Material shown
-- ===== src/Domain/Transition/Paths.antt =====
-- internal/domain/operation/transition.go: the lives that the guard allows an operation.
use update_service.Base.{◌≡◌, refl, ◌⊎◌, inl, inr, ◌∙◌, subst, String, ◌≢◌, false, none}
use update_service.Domain.Operation.{
  OperationStatus, created, queued, dispatched, transferring, transferred, processing, completed,
  cancelled, other,
}
use update_service.Domain.Transition.{can_transition}
use update_service.Domain.Transition.Diagram.{
  ◌⟶◌, upload, dispatch, start, verify, process, finish, retry_failed, retry_timeout, forward,
  can_transition_iff, edge-open, same_status_refl,
}

-- A run of changes of status, each of them accepted by the guard.
pub data Run : OperationStatus → OperationStatus → Type 0 where
  stay : {a : OperationStatus} → Run a a
  move : {a b c : OperationStatus} → can_transition a b false ≡ none → Run b c → Run a c

-- Some status of the run, its last one apart, is `s`.
abbrev pub Visits : OperationStatus → {a b : OperationStatus} → Run a b → Type 0
Visits s stay = ⊥
Visits s (move {a = a} h r) = (a ≡ s) ⊎ Visits s r

after_accepted : (a b : OperationStatus) → can_transition a b false ≡ none → (a ≡ b) ⊎ (a ⟶ b)
after_accepted a b h = (can_transition_iff a b).0 h

-- The only edges into the stages of the work come from the stage before.
into_completed : (a b : OperationStatus) → a ⟶ b → b ≡ completed → a ≡ processing
into_completed _ _ finish e = refl
into_completed _ _ upload e = cc
into_completed _ _ _ e = cc

into_processing : (a b : OperationStatus) → a ⟶ b → b ≡ processing → a ≡ transferred
into_processing _ _ process e = refl
into_processing _ _ upload e = cc
into_processing _ _ _ e = cc

into_transferred : (a b : OperationStatus) → a ⟶ b → b ≡ transferred → a ≡ transferring
into_transferred _ _ verify e = refl
into_transferred _ _ upload e = cc
into_transferred _ _ _ e = cc

into_transferring : (a b : OperationStatus) → a ⟶ b → b ≡ transferring → a ≡ dispatched
into_transferring _ _ start e = refl
into_transferring _ _ upload e = cc
into_transferring _ _ _ e = cc

into_dispatched : (a b : OperationStatus) → a ⟶ b → b ≡ dispatched → a ≡ queued
into_dispatched _ _ dispatch e = refl
into_dispatched _ _ upload e = cc
into_dispatched _ _ _ e = cc

completed_or : (a : OperationStatus) → (a ≡ completed) ⊎ (a ≢ completed)
completed_or completed = inl refl
completed_or _ = inr (λ e. cc)

processing_or : (a : OperationStatus) → (a ≡ processing) ⊎ (a ≢ processing)
processing_or processing = inl refl
processing_or _ = inr (λ e. cc)

transferred_or : (a : OperationStatus) → (a ≡ transferred) ⊎ (a ≢ transferred)
transferred_or transferred = inl refl
transferred_or _ = inr (λ e. cc)

transferring_or : (a : OperationStatus) → (a ≡ transferring) ⊎ (a ≢ transferring)
transferring_or transferring = inl refl
transferring_or _ = inr (λ e. cc)

dispatched_or : (a : OperationStatus) → (a ≡ dispatched) ⊎ (a ≢ dispatched)
dispatched_or dispatched = inl refl
dispatched_or _ = inr (λ e. cc)

module _ (pre post : OperationStatus) (only : (a b : OperationStatus) → a ⟶ b → b ≡ post → a ≡ pre)
    (test : (a : OperationStatus) → (a ≡ post) ⊎ (a ≢ post)) where
  -- One step of a run towards `post`, where `rest` is what the remaining run gives.
  step_before :
      {a m b : OperationStatus} (r : Run m b)
      → a ≢ post
      → (a ≡ m) ⊎ (a ⟶ m)
      → (m ≡ post) ⊎ (m ≢ post)
      → (m ≢ post → Visits pre r)
      → (a ≡ pre) ⊎ Visits pre r
  step_before r n (inr edge) (inl q) rest = inl (only _ _ edge q)
  step_before r n (inl same) (inl q) rest = absurd (n (same ∙ q))
  step_before r n _ (inr q) rest = inr (rest q)

  -- A run that ends in a status with one way in passes through the status before it.
  ends_after : {a b : OperationStatus} (r : Run a b) → b ≡ post → a ≢ post → Visits pre r
  ends_after stay e n = absurd (n e)
  ends_after (move {a = a} {b = m} h r) e n =
      step_before r n (after_accepted a m h) (test m) (ends_after r e)

  -- So does a run that only passes through it.
  Visits-after : {a b : OperationStatus} (r : Run a b) → Visits post r → a ≢ post → Visits pre r
  Visits-after stay v n = absurd v
  Visits-after (move h r) (inl e) n = absurd (n e)
  Visits-after (move {a = a} {b = m} h r) (inr v) n =
      step_before r n (after_accepted a m h) (test m) (Visits-after r v)

-- An operation that the guard lets go from CREATED to COMPLETED has been QUEUED, DISPATCHED,
-- TRANSFERRING, TRANSFERRED and PROCESSING on the way.
pub Run-Visits_all :
    (r : Run created completed)
    → Visits queued r
      × Visits dispatched r
      × Visits transferring r
      × Visits transferred r
      × Visits processing r
Run-Visits_all r = (v1, v2, v3, v4, v5)
  where
    v5 : Visits processing r
    v5 = ends_after processing completed into_completed completed_or r refl (λ e. cc)

    v4 : Visits transferred r
    v4 = Visits-after transferred processing into_processing processing_or r v5 (λ e. cc)

    v3 : Visits transferring r
    v3 = Visits-after transferring transferred into_transferred transferred_or r v4 (λ e. cc)

    v2 : Visits dispatched r
    v2 = Visits-after dispatched transferring into_transferring transferring_or r v3 (λ e. cc)

    v1 : Visits queued r
    v1 = Visits-after queued dispatched into_dispatched dispatched_or r v2 (λ e. cc)

terminal_step :
    (a b : OperationStatus) → (a ≡ completed) ⊎ (a ≡ cancelled) → (a ≡ b) ⊎ (a ⟶ b) → a ≡ b
terminal_step a b t (inl e) = e
terminal_step a b (inl t) (inr edge) = absurd (cc ((edge-open edge).1, same_status_refl a, t))
terminal_step a b (inr t) (inr edge) = absurd (cc ((edge-open edge).2, same_status_refl a, t))

-- COMPLETED and CANCELLED are terminal: no run of accepted changes leaves them.
pub Run-terminal : {a b : OperationStatus} → Run a b → (a ≡ completed) ⊎ (a ≡ cancelled) → a ≡ b
Run-terminal stay t = refl
Run-terminal (move {a = a} {b = m} h r) t =
    let e : a ≡ m = terminal_step a m t (after_accepted a m h) in
    e ∙ Run-terminal r (subst (λ s. (s ≡ completed) ⊎ (s ≡ cancelled)) e t)

follow : {a b c : OperationStatus} → a ⟶ b → Run b c → Run a c
follow {a} {b} e r = move ((can_transition_iff a b).1 (inr e)) r

-- From each of the ten statuses but the two terminal ones the guard has a way to COMPLETED, and
-- one to CANCELLED in a single change.
pub Run-completed :
    (a : OperationStatus)
    → a ≢ completed
    → a ≢ cancelled
    → ((s : String) → a ≢ other s)
    → Run a completed × (can_transition a cancelled false ≡ none)
unfolding can_transition
Run-completed (other s) n m o = absurd (o s refl)
Run-completed completed n m o = absurd (n refl)
Run-completed cancelled n m o = absurd (m refl)
Run-completed _ n m o = (search (follow, stay, forward, retry_failed, retry_timeout) depth 14, refl)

Problem
How many lines of the entries above include the word "other"? Reply with the number alone.

Task result
3